_EXERCISE DIRECTIONS_. In the data below, find the line containing "(get-hash r.meta prev", then set down that line and every later line up to and including the line containing "verify_from-stamp p []", exactly.

_Data excerpts_.
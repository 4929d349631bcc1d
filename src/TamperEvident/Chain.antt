-- ===== src/TamperEvident/Chain.antt =====
-- A chain that the plugin wrote verifies.
use Prim.Native.String.{◌++◌ as ◌<>◌}
use mathlib.Core.Logic.{inl, inr}
use logquill_python.Base.{
  ℕ, ◌+◌, String, string_eq, true, some, List, [], ◌∷◌, map, length, ◌≡◌, refl, ap, ◌∙◌, arith,
  ◌==◌, ok, Bool-cases, beq_self,
}
use logquill_python.Dict.{get, put}
use logquill_python.Dict.Laws.{get-put, get-put_self}
use logquill_python.Value.{Value, str, Meta, entries-of_entries, value_eq, present}
use logquill_python.Records.{Record, as_dict}
use logquill_python.TamperEvident.{
  TamperEvident, new, is_chain_key, without_chain, content_of, hash_input, compute_hash, before_log,
  stamp, intact, check_record, check_stored, check_content, verify_from, verify_chain_detailed,
}

-- stamping leaves the content alone
without_chain-put :
    (meta : Meta) (k : String) (v : Value)
    → is_chain_key k ≡ true
    → without_chain (put meta k v) ≡ without_chain meta
unfolding without_chain put
without_chain-put [] k v h = rw h refl
without_chain-put ((j, w) ∷ meta) k v h = elim (Bool-cases (j == k)) [
  | inl same ↦
      let chain = ap is_chain_key ((string_eq.same_iff j k).0 same) ∙ h in rw (same, chain) refl
  | inr other ↦ rw (other, without_chain-put meta k v h) refl
]

module _ (dumps : Meta → String) (sha256 : String → String) where
  abbrev pub stamped : Meta → String → String → Meta
  stamped meta prev digest = put (put meta "prev_hash" (str prev)) "hash" (str digest)

  get-hash :
      (meta : Meta) (prev digest : String)
      → get (stamped meta prev digest) "hash" ≡ some (str digest)
  get-hash meta prev digest = get-put_self (put meta "prev_hash" (str prev)) "hash" (str digest)

  get-prev_hash :
      (meta : Meta) (prev digest : String)
      → get (stamped meta prev digest) "prev_hash" ≡ some (str prev)
  get-prev_hash meta prev digest =
      get-put (put meta "prev_hash" (str prev)) "hash" "prev_hash" (str digest)
      ∙ get-put_self meta "prev_hash" (str prev)

  pub same_content :
      (r : Record) (prev digest : String)
      → let meta = stamped r.meta prev digest in
        content_of (as_dict (record r { meta = meta })) meta ≡ content_of (as_dict r) r.meta
  unfolding content_of get
  same_content r prev digest =
      rw
        (
          without_chain-put (put r.meta "prev_hash" (str prev)) "hash" (str digest) refl,
          without_chain-put r.meta "prev_hash" (str prev) refl,
        )
        refl

  checked_content :
      (r : Meta) (meta : Meta) (prev digest : String) (checked : ℕ)
      → compute_hash dumps sha256 r meta prev ≡ digest
      → check_content dumps sha256 r meta prev checked (str digest) ≡ inl digest
  unfolding check_content
  checked_content r meta prev digest checked e = rw (e, beq_self (str digest)) refl

  checked_stored :
      (r : Meta) (meta : Meta) (prev digest : String) (checked : ℕ)
      → get meta "hash" ≡ some (str digest)
      → get meta "prev_hash" ≡ some (str prev)
      → compute_hash dumps sha256 r meta prev ≡ digest
      → check_stored dumps sha256 r meta prev checked (present (get meta "hash")) ≡ inl digest
  unfolding check_stored present
  checked_stored r meta prev digest checked h p e =
      rw (h, p, beq_self (str prev)) (checked_content r meta prev digest checked e)

  check_stamped :
      (r : Record) (prev : String) (checked : ℕ)
      → let digest = compute_hash dumps sha256 (as_dict r) r.meta prev in
        check_record dumps sha256
          (as_dict (record r { meta = stamped r.meta prev digest }))
          prev
          checked
        ≡ ok (inl digest)
  unfolding check_record get
  check_stamped r prev checked =
      let digest = compute_hash dumps sha256 (as_dict r) r.meta prev in
      let meta = stamped r.meta prev digest in
      ap ok (
        rw (entries-of_entries meta) (
          checked_stored (as_dict (record r { meta = meta })) meta prev digest checked
            (get-hash r.meta prev digest) (get-prev_hash r.meta prev digest)
            (unfold compute_hash hash_input in
              ap (λ c. sha256 (prev <> dumps c)) (same_content r prev digest))))

  verify_from-stamp :
      (p : TamperEvident) (rs : List Record) (checked : ℕ)
      → let (written, p') = stamp dumps sha256 p rs in
        verify_from dumps sha256 p.last_hash checked (map as_dict written)
        ≡ ok (intact dumps sha256 (checked + length rs) p'.last_hash)
  unfolding verify_from stamp before_log
  verify_from-stamp p [] checked = ap (λ n. ok (intact dumps sha256 n p.last_hash)) (omega arith)
  verify_from-stamp p (r ∷ rs) checked =
      let digest = compute_hash dumps sha256 (as_dict r) r.meta p.last_hash in
      rw (check_stamped r p.last_hash (checked + 1)) (
        verify_from-stamp (record p { last_hash = digest }) rs (checked + 1)
        ∙ ap
            (λ n. ok (
              intact dumps sha256 n
                (stamp dumps sha256 (record p { last_hash = digest }) rs).1.last_hash))
            (omega arith))

  -- A log that the plugin wrote verifies: every record is checked, and the head is the one that the
  -- plugin holds.
  pub verify_chain_detailed-stamp :
      (genesis : String) (rs : List Record)
      → let (written, p) = stamp dumps sha256 (new genesis) rs in
        verify_chain_detailed dumps sha256 genesis (map as_dict written)
        ≡ ok (intact dumps sha256 (length rs) p.last_hash)
  unfolding verify_chain_detailed new
  verify_chain_detailed-stamp genesis rs =
      verify_from-stamp (new genesis) rs 0
      ∙ ap (λ n. ok (intact dumps sha256 n (stamp dumps sha256 (new genesis) rs).1.last_hash))
          (omega arith)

_TASK OUTPUT_.
            (get-hash r.meta prev digest) (get-prev_hash r.meta prev digest)
            (unfold compute_hash hash_input in
              ap (λ c. sha256 (prev <> dumps c)) (same_content r prev digest))))

  verify_from-stamp :
      (p : TamperEvident) (rs : List Record) (checked : ℕ)
      → let (written, p') = stamp dumps sha256 p rs in
        verify_from dumps sha256 p.last_hash checked (map as_dict written)
        ≡ ok (intact dumps sha256 (checked + length rs) p'.last_hash)
  unfolding verify_from stamp before_log
  verify_from-stamp p [] checked = ap (λ n. ok (intact dumps sha256 n p.last_hash)) (omega arith)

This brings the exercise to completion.